ASSIGNMENT:
Which lines run from the one containing "((out.1).blocks ≡ w.blocks)" to the end of the entries? Copy them exactly, both ends included, and give nothing else.

DATA SUPPLIED:
•••

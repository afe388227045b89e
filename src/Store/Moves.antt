-- ===== src/Store/Moves.antt =====
-- core/block_store.py: the invariant of the store under every call that changes it, and what a
-- move does to the block and to all others.
use solid_attention.Base.{
  ℕ, ◌≡◌, refl, ◌∙◌, ◌≢◌, String, Option, none, some, List, [], ◌∷◌, ◌==◌, ==_iff, Error, Result,
  ok, err, key_error, All, All-imp, Bool-cases, Option-cases, Result-cases, inl, inr, arith,
}
use solid_attention.Base.Dict.{get, set, contains, set-All, set-DistinctKeys, DistinctKeys}
use solid_attention.Block.{BlockLocation, block_location, KvBlock, key, key_discrete, move_to}
use solid_attention.World.{Ref, World, update}
use solid_attention.Store.{add_block, upsert_block, move_block}

-- Every entry stands under the key of its block, and no key twice.
pub record IsConsistent {Fl : Type 0} (w : World Fl) : Type 0 where
  pub keyed : All (λ e. key (w.heap e.1) ≡ e.0) w.blocks
  pub distinct : DistinctKeys key_discrete w.blocks

-- The calls that change a store.
pub data StoreCall : Type 0 where
  add upsert : Ref → StoreCall
  move : ℕ → ℕ → String → StoreCall

module _ {Fl : Type 0} where
  -- The world after a call, whether it returned or raised.
  unfoldable pub after_call : StoreCall → World Fl → World Fl
  after_call (StoreCall.add r) w = (add_block r w).1
  after_call (StoreCall.upsert r) w = (upsert_block r w).1
  after_call (StoreCall.move l b target) w = (move_block l b target w).1

  unfoldable pub after_calls : List StoreCall → World Fl → World Fl
  unfolding after_call
  after_calls [] w = w
  after_calls (c ∷ cs) w = after_calls cs (after_call c w)

  pub put-IsConsistent :
      (r : Ref) (w : World Fl)
      → IsConsistent w
      → IsConsistent (record w { blocks = set key_discrete (key (w.heap r)) r w.blocks })
  put-IsConsistent r w c = record {
    keyed = set-All key_discrete _ (key (w.heap r)) r w.blocks (λ j e. e) c.keyed;
    distinct = set-DistinctKeys key_discrete (key (w.heap r)) r w.blocks c.distinct;
  }

  -- A block that moves keeps its key.
  pub key-update_move :
      (l : BlockLocation) (r q : Ref) (heap : Ref → KvBlock Fl)
      → key (update r (move_to l (heap r)) heap q) ≡ key (heap q)
  key-update_move l r q heap = elim (Bool-cases (q == r)) [
    | inl same ↦ rw (same, (==_iff q r).0 same)
    | inr other ↦ rw other
  ]

  pub move-IsConsistent :
      (l : BlockLocation) (r : Ref) (w : World Fl)
      → IsConsistent w
      → IsConsistent (record w { heap = update r (move_to l (w.heap r)) w.heap })
  move-IsConsistent l r w c = record {
    keyed = All-imp _ _ (λ e k. key-update_move l r e.1 w.heap ∙ k) w.blocks c.keyed;
    distinct = c.distinct;
  }

  add_block-IsConsistent :
      (r : Ref) (w : World Fl) → IsConsistent w → IsConsistent (add_block r w).1
  unfolding add_block
  add_block-IsConsistent r w c =
      elim (Bool-cases (contains key_discrete (key (w.heap r)) w.blocks)) [
        | inl old ↦ rw old c
        | inr new ↦ rw new (put-IsConsistent r w c)
      ]

  module _ (l b : ℕ) (target : String) (w : World Fl) where
    pub move_block_unknown :
        get key_discrete (l, b) w.blocks ≡ none
        → move_block l b target w ≡ (err (key_error "unknown block"), w)
    unfolding move_block
    move_block_unknown h = ground arith

    pub move_block_invalid :
        (r : Ref) (e : Error)
        → get key_discrete (l, b) w.blocks ≡ some r
        → block_location target ≡ err e
        → move_block l b target w ≡ (err e, w)
    unfolding move_block
    move_block_invalid r e h k = ground arith

    pub move_block_moves :
        (r : Ref) (location : BlockLocation)
        → get key_discrete (l, b) w.blocks ≡ some r
        → block_location target ≡ ok location
        → move_block l b target w
          ≡ (ok r, record w { heap = update r (move_to location (w.heap r)) w.heap })
    unfolding move_block
    move_block_moves r location h k = ground arith

  move_block-IsConsistent :
      (l b : ℕ) (target : String) (w : World Fl)
      → IsConsistent w
      → IsConsistent (move_block l b target w).1
  move_block-IsConsistent l b target w c = elim (Option-cases (get key_discrete (l, b) w.blocks)) [
    | inl unknown ↦ rw (move_block_unknown l b target w unknown) c
    | inr (r, found) ↦ elim (Result-cases (block_location target)) [
      | inl (location, valid) ↦
          rw (move_block_moves l b target w r location found valid)
            (move-IsConsistent location r w c)
      | inr (e, invalid) ↦ rw (move_block_invalid l b target w r e found invalid) c
    ]
  ]

  after_call-IsConsistent :
      (c : StoreCall) (w : World Fl) → IsConsistent w → IsConsistent (after_call c w)
  unfolding after_call upsert_block
  after_call-IsConsistent (StoreCall.add r) w h = add_block-IsConsistent r w h
  after_call-IsConsistent (StoreCall.upsert r) w h = put-IsConsistent r w h
  after_call-IsConsistent (StoreCall.move l b target) w h = move_block-IsConsistent l b target w h

  -- A consistent store stays consistent under any sequence of calls, those that raise included.
  pub after_calls-IsConsistent :
      (cs : List StoreCall) (w : World Fl) → IsConsistent w → IsConsistent (after_calls cs w)
  unfolding after_calls
  after_calls-IsConsistent [] w h = h
  after_calls-IsConsistent (c ∷ cs) w h =
      after_calls-IsConsistent cs (after_call c w) (after_call-IsConsistent c w h)

  -- How `move_block` ends, by what is known of the key and of the target.
  abbrev pub MoveOutcome :
      Option Ref → Result BlockLocation → World Fl → Result Ref × World Fl → Type 0
  MoveOutcome none target w out = out ≡ (err (key_error "unknown block"), w)
  MoveOutcome (some r) (err e) w out = out ≡ (err e, w)
  MoveOutcome (some r) (ok location) w out =
      (out.0 ≡ ok r)
      × ((out.1).heap r ≡ record (w.heap r) { location = location })
      × ((q : Ref) → q ≢ r → (out.1).heap q ≡ w.heap q)
      × ((out.1).blocks ≡ w.blocks)
      × ((out.1).trace ≡ w.trace)
      × ((out.1).metrics ≡ w.metrics)

  -- A move of an unknown key or to an unknown location raises and changes nothing; any other
  -- returns the stored block, changes its location, and leaves every other block as it was.
  pub move_block-MoveOutcome :
      (l b : ℕ) (target : String) (w : World Fl)
      → MoveOutcome
          (get key_discrete (l, b) w.blocks)
          (block_location target)
          w
          (move_block l b target w)
  move_block-MoveOutcome l b target w = elim (Option-cases (get key_discrete (l, b) w.blocks)) [
    | inl unknown ↦ rw (unknown, move_block_unknown l b target w unknown) refl
    | inr (r, found) ↦ elim (Result-cases (block_location target)) [
      | inl (location, valid) ↦
          rw (found, valid, move_block_moves l b target w r location found valid)
            (refl, ground arith, (λ q n. ground arith), refl, refl, refl)
      | inr (e, invalid) ↦
          rw (found, invalid, move_block_invalid l b target w r e found invalid) refl
    ]
  ]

•••

FINISHED TASK:
      × ((out.1).blocks ≡ w.blocks)
      × ((out.1).trace ≡ w.trace)
      × ((out.1).metrics ≡ w.metrics)

  -- A move of an unknown key or to an unknown location raises and changes nothing; any other
  -- returns the stored block, changes its location, and leaves every other block as it was.
  pub move_block-MoveOutcome :
      (l b : ℕ) (target : String) (w : World Fl)
      → MoveOutcome
          (get key_discrete (l, b) w.blocks)
          (block_location target)
          w
          (move_block l b target w)
  move_block-MoveOutcome l b target w = elim (Option-cases (get key_discrete (l, b) w.blocks)) [
    | inl unknown ↦ rw (unknown, move_block_unknown l b target w unknown) refl
    | inr (r, found) ↦ elim (Result-cases (block_location target)) [
      | inl (location, valid) ↦
          rw (found, valid, move_block_moves l b target w r location found valid)
            (refl, ground arith, (λ q n. ground arith), refl, refl, refl)
      | inr (e, invalid) ↦
          rw (found, invalid, move_block_invalid l b target w r e found invalid) refl
    ]
  ]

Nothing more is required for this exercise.